Dataset records
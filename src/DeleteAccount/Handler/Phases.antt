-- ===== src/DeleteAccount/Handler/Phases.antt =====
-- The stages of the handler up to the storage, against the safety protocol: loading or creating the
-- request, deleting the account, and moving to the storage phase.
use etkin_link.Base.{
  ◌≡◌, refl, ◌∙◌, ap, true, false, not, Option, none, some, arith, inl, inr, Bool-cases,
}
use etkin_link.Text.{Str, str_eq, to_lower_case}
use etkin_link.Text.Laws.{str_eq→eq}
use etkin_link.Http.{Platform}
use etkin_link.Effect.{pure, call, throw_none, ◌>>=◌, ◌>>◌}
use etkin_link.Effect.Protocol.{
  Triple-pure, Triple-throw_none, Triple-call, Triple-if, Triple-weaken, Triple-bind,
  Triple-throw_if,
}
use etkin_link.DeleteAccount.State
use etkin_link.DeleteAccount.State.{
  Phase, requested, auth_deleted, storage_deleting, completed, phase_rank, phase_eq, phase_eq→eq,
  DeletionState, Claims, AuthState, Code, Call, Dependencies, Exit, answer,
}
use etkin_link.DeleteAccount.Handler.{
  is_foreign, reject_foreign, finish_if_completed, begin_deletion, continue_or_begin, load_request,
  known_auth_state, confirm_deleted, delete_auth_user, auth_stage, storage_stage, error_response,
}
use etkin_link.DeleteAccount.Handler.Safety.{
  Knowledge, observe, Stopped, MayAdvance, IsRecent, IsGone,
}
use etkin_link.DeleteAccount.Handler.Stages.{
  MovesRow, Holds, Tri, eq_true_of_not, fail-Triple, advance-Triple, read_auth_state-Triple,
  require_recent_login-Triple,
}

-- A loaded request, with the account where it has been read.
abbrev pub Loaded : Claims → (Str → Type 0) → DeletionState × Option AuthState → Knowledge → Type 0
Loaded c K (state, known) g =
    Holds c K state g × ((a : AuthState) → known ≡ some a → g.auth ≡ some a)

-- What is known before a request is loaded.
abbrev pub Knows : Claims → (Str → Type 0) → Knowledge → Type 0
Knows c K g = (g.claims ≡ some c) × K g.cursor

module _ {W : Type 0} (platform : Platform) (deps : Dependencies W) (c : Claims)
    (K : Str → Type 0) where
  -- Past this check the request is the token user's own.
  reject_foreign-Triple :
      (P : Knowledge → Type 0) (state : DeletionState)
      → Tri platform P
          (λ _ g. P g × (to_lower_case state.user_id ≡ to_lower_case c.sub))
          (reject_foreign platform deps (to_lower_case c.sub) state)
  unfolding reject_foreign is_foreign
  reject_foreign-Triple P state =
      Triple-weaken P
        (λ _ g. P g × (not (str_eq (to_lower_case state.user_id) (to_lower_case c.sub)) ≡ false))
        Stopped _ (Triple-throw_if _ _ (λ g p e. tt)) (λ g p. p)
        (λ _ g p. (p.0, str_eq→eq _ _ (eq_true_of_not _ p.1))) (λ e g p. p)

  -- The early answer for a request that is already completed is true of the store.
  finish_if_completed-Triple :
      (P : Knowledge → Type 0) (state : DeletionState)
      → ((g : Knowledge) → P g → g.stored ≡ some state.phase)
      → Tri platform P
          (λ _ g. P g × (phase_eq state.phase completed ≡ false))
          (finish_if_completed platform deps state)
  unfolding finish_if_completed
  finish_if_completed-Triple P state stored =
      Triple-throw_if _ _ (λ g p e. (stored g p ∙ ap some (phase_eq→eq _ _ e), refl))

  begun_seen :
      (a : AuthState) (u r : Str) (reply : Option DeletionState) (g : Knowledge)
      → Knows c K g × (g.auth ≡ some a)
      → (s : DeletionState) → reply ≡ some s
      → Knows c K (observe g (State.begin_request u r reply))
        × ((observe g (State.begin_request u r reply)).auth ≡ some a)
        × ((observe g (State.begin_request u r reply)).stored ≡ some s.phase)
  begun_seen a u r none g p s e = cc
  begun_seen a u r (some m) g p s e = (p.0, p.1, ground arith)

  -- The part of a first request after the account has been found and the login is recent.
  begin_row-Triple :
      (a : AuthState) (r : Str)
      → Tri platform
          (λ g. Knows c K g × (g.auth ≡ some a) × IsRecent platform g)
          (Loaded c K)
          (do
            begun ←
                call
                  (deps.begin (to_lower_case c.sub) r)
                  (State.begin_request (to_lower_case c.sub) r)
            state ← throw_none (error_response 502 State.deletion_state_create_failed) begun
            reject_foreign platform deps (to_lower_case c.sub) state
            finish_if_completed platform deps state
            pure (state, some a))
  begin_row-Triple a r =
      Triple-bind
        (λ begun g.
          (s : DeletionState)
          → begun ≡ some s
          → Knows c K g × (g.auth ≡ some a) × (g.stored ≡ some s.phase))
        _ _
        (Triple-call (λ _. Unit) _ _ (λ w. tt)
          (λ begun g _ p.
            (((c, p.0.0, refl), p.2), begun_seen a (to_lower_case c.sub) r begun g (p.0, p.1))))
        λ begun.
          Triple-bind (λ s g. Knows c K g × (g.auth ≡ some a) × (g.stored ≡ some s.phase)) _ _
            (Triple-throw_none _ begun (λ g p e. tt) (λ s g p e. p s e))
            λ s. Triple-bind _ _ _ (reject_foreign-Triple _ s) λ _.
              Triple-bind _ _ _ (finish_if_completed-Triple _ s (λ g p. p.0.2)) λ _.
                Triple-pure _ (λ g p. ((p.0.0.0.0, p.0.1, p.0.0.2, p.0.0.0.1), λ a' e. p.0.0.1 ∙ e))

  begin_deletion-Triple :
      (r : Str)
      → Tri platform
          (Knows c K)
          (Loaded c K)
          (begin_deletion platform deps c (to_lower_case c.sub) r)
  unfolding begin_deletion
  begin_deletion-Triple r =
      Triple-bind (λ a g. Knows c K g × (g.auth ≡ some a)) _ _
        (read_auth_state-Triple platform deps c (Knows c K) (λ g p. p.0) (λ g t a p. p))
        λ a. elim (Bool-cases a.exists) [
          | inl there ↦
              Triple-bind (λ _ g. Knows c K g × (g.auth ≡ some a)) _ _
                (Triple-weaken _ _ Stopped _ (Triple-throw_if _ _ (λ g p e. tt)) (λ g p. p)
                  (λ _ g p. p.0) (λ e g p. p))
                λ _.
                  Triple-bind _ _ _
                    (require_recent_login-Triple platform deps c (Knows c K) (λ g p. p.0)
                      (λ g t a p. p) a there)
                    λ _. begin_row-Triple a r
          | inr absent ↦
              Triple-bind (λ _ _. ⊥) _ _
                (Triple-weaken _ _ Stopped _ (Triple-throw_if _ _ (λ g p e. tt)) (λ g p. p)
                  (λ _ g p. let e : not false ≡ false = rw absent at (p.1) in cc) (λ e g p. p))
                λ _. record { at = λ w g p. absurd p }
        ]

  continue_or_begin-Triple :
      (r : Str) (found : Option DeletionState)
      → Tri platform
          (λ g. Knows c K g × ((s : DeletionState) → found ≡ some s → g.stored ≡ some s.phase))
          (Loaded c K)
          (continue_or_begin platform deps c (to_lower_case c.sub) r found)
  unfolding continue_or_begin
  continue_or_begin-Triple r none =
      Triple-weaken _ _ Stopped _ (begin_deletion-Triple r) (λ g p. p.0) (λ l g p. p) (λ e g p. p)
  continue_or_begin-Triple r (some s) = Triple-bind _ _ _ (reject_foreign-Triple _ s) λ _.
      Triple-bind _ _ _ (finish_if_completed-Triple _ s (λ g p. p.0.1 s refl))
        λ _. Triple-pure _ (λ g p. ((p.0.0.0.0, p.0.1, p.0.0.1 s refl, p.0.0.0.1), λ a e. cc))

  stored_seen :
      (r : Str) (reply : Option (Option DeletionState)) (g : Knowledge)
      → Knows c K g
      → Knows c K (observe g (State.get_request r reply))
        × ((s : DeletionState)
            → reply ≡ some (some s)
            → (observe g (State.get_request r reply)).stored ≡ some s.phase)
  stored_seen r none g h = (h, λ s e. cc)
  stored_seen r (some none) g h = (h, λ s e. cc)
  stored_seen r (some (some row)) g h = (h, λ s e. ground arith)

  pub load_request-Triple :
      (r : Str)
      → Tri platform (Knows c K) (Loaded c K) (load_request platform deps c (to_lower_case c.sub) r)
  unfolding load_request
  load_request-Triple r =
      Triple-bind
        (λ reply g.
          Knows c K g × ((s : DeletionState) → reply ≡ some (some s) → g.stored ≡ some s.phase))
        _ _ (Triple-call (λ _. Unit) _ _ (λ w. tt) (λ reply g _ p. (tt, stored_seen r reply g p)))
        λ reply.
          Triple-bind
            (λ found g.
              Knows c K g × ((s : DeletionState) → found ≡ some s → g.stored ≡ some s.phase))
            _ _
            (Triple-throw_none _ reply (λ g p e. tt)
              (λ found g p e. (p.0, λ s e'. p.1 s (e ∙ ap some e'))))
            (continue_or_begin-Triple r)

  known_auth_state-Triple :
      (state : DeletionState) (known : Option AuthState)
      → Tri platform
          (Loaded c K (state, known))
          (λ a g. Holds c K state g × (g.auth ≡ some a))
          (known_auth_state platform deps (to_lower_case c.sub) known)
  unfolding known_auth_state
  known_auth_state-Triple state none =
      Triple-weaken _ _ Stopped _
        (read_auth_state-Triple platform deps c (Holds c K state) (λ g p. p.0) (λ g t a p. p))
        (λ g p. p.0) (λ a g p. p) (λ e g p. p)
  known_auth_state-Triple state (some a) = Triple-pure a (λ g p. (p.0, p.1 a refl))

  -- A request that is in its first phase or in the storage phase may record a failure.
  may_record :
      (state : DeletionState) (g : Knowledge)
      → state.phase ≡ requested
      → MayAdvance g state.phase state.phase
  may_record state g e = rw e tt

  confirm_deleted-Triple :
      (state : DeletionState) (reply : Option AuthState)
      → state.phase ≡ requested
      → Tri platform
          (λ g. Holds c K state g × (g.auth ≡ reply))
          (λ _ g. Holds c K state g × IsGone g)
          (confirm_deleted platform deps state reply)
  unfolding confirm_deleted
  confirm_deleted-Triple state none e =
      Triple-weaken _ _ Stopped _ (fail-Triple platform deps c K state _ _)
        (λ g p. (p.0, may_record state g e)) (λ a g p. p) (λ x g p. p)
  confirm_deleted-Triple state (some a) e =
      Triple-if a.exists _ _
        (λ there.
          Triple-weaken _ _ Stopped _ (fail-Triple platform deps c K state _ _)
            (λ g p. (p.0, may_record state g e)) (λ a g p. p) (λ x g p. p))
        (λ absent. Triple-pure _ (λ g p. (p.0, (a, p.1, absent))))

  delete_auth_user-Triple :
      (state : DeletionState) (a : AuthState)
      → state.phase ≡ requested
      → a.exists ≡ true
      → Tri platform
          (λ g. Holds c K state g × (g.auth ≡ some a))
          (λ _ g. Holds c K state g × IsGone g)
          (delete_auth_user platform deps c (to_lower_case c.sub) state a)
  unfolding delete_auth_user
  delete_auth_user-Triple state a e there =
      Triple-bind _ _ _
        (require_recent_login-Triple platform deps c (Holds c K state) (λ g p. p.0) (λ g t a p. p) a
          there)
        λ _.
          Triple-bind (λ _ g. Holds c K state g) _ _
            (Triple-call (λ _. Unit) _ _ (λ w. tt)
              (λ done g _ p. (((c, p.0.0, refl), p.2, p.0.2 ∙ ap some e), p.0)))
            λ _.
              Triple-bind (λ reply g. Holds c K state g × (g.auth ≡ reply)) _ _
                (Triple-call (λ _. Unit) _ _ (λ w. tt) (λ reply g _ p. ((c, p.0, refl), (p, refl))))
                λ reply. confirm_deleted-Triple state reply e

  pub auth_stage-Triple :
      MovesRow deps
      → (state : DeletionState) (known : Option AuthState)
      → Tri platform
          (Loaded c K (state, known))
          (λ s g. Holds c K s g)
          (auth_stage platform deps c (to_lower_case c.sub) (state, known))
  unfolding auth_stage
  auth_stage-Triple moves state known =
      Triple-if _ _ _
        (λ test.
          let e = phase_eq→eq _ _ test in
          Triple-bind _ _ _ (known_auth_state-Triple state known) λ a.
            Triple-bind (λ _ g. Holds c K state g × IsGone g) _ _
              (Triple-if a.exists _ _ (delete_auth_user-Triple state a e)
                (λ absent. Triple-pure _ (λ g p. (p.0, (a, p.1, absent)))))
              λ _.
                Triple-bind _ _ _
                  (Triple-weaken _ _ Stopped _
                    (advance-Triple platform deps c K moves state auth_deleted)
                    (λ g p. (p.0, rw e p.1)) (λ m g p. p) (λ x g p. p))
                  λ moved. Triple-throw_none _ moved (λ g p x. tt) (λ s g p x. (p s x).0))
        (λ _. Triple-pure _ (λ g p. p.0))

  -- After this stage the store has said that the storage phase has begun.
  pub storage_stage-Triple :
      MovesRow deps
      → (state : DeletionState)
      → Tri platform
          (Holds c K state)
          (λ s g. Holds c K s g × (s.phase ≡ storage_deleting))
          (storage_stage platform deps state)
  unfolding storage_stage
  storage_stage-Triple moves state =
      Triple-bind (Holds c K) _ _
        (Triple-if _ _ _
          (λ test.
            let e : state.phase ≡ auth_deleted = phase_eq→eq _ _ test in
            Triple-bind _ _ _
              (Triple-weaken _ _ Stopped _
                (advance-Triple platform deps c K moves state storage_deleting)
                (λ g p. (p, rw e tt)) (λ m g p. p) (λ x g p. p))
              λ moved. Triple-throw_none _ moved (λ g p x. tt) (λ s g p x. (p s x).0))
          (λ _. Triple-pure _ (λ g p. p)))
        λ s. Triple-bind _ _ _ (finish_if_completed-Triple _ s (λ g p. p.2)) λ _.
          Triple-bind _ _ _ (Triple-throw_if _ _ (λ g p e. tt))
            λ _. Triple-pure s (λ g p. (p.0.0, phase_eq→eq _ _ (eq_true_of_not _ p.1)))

==

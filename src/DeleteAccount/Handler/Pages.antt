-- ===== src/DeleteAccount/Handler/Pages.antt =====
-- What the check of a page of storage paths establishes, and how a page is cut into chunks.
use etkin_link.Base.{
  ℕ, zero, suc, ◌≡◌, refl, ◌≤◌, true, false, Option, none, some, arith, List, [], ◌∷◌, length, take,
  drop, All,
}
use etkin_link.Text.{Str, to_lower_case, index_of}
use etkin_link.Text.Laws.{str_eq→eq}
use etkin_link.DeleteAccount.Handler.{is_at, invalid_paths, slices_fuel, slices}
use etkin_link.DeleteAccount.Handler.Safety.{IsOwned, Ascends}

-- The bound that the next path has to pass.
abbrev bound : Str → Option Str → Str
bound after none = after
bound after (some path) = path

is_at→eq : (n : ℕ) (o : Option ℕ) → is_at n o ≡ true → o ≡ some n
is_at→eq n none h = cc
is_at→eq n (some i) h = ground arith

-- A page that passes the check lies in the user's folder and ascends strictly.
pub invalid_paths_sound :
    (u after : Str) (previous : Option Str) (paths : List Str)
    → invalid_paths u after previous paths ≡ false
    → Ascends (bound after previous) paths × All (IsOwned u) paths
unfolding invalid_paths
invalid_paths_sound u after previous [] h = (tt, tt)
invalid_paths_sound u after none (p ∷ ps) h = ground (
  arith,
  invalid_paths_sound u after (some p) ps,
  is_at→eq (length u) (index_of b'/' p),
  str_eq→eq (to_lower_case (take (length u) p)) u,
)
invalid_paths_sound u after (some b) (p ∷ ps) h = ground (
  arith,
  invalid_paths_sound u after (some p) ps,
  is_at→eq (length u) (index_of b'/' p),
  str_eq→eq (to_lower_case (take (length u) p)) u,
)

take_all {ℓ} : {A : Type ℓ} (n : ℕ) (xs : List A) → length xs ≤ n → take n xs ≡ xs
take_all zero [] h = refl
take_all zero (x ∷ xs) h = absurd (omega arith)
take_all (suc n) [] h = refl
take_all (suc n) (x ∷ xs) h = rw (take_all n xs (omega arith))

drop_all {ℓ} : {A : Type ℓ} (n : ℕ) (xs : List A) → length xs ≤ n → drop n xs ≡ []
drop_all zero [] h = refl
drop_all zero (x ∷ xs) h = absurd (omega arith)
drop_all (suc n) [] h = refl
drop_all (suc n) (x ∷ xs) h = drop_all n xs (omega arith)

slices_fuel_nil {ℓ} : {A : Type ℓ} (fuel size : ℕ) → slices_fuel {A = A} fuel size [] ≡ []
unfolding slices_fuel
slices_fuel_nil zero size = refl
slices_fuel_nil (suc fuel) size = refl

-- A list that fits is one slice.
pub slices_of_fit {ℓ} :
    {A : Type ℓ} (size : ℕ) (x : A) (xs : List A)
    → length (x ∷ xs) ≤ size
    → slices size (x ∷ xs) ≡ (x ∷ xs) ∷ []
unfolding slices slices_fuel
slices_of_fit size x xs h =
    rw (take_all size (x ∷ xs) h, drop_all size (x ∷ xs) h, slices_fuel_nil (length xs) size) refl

==

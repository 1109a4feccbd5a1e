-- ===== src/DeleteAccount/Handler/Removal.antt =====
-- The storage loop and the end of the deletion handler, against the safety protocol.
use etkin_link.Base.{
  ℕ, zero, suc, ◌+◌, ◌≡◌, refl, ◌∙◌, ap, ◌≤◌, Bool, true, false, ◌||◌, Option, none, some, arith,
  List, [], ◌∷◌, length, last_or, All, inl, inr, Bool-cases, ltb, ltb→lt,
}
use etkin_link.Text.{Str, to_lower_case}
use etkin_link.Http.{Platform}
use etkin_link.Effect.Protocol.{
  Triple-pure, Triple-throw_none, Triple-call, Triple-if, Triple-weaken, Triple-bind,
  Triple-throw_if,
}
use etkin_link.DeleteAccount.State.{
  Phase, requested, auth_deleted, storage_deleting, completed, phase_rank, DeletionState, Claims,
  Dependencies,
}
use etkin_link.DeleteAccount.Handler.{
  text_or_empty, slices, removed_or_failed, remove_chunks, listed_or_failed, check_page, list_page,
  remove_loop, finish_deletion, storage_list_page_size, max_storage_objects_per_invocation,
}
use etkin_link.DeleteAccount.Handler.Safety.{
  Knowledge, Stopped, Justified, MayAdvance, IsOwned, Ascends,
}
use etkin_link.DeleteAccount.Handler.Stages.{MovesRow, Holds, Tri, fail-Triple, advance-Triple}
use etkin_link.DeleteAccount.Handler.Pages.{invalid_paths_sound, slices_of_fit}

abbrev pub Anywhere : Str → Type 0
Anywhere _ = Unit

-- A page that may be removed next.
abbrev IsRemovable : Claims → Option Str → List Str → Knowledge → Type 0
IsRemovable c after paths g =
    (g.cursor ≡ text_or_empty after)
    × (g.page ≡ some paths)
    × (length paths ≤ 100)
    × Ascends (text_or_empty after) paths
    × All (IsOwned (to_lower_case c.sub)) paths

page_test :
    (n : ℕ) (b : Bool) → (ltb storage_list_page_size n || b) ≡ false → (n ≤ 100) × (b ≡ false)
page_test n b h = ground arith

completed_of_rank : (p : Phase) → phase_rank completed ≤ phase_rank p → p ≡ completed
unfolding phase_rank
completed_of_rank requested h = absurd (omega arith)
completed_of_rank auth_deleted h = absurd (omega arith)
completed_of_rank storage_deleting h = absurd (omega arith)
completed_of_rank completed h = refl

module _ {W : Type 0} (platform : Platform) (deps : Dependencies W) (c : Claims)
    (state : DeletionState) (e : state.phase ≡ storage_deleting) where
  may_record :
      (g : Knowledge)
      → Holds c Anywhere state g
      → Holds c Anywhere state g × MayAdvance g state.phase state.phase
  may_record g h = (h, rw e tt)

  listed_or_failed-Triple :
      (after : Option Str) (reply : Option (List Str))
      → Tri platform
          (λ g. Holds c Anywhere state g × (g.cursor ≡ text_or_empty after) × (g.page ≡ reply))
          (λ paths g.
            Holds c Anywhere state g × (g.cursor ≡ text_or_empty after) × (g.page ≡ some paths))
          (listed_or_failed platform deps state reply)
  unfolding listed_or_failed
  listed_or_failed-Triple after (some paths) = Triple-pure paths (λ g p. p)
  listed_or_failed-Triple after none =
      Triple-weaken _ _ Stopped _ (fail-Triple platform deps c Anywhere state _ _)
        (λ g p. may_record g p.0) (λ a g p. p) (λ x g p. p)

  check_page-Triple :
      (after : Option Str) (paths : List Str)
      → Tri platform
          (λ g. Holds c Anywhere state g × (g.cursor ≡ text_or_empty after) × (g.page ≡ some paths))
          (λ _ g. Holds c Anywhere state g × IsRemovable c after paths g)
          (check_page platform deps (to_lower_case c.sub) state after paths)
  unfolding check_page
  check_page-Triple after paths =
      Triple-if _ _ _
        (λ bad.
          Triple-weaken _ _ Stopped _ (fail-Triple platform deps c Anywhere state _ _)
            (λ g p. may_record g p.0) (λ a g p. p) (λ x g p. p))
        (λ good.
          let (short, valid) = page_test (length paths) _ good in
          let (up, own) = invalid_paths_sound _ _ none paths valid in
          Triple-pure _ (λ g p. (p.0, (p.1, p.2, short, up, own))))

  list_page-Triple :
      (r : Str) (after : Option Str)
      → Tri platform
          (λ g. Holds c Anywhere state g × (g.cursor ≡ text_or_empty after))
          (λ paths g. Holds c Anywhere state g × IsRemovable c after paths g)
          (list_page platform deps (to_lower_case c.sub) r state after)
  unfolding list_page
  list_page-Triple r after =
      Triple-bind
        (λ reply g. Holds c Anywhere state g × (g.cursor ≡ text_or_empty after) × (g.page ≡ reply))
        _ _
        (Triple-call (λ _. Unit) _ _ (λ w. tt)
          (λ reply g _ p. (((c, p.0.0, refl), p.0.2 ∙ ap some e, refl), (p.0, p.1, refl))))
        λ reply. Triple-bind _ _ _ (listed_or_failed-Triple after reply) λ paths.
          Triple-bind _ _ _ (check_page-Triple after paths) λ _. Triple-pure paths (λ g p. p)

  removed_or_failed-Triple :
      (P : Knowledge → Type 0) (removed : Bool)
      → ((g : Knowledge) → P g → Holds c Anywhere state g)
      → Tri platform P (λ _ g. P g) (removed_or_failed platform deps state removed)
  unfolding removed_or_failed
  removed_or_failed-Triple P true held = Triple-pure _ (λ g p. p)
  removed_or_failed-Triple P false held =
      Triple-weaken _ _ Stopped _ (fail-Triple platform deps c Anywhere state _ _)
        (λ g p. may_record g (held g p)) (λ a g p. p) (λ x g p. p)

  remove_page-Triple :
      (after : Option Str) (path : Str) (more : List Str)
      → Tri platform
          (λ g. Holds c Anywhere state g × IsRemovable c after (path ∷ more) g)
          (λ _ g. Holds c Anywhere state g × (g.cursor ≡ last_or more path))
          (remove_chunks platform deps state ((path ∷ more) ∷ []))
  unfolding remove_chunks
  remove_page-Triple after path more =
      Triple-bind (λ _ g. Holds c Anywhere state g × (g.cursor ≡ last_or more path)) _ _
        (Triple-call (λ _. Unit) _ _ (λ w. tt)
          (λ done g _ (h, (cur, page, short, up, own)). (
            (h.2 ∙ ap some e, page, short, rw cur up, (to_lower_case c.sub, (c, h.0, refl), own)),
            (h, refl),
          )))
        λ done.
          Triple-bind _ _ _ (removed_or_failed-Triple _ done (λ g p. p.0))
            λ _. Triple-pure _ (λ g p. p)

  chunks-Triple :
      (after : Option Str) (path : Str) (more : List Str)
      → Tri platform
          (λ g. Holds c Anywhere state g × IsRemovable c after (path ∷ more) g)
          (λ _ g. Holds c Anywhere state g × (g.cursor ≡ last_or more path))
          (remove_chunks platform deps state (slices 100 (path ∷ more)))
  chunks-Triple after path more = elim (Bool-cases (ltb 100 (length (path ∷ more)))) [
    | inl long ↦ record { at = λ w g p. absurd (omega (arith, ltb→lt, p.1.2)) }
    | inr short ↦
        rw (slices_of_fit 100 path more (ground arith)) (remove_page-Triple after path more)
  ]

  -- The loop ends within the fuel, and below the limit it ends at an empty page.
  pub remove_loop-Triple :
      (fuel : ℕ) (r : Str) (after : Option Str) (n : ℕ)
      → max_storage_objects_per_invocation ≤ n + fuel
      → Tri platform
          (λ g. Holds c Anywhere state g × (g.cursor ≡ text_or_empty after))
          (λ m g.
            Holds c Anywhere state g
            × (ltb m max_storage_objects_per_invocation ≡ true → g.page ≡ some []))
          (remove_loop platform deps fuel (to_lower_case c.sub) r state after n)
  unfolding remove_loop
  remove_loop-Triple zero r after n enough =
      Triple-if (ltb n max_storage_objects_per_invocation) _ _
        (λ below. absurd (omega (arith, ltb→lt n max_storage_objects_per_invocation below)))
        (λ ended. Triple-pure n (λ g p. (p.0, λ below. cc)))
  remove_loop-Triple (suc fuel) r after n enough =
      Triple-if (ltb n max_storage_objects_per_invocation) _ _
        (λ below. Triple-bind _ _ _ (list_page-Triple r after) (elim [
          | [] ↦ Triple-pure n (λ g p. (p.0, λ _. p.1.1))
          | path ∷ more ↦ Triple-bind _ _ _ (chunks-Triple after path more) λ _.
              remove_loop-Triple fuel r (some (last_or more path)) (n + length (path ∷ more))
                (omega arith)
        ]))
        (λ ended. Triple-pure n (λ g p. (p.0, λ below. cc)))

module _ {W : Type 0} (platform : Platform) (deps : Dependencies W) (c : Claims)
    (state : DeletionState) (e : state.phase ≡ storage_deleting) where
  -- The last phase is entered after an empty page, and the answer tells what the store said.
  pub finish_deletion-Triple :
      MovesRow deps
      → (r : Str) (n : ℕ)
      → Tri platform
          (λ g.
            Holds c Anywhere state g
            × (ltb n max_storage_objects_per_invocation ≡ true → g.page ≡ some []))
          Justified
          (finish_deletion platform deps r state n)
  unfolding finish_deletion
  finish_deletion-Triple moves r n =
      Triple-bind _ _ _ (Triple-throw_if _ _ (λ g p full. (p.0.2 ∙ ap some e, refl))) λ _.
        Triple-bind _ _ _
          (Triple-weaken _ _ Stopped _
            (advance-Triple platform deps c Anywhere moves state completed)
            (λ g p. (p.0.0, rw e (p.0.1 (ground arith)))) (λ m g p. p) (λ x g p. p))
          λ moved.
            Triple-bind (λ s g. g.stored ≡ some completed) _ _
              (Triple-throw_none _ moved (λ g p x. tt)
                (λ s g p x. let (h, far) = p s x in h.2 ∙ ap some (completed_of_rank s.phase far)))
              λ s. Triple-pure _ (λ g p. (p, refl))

§ What this task involves:
Retype exactly, and only, the lines above from the one where "(Triple-if _ _ _" occurs up to and including the one where "λ _. Triple-pure s" occurs.

§ Solution for this exercise:
        (Triple-if _ _ _
          (λ test.
            let e : state.phase ≡ auth_deleted = phase_eq→eq _ _ test in
            Triple-bind _ _ _
              (Triple-weaken _ _ Stopped _
                (advance-Triple platform deps c K moves state storage_deleting)
                (λ g p. (p, rw e tt)) (λ m g p. p) (λ x g p. p))
              λ moved. Triple-throw_none _ moved (λ g p x. tt) (λ s g p x. (p s x).0))
          (λ _. Triple-pure _ (λ g p. p)))
        λ s. Triple-bind _ _ _ (finish_if_completed-Triple _ s (λ g p. p.2)) λ _.
          Triple-bind _ _ _ (Triple-throw_if _ _ (λ g p e. tt))
            λ _. Triple-pure s (λ g p. (p.0.0, phase_eq→eq _ _ (eq_true_of_not _ p.1)))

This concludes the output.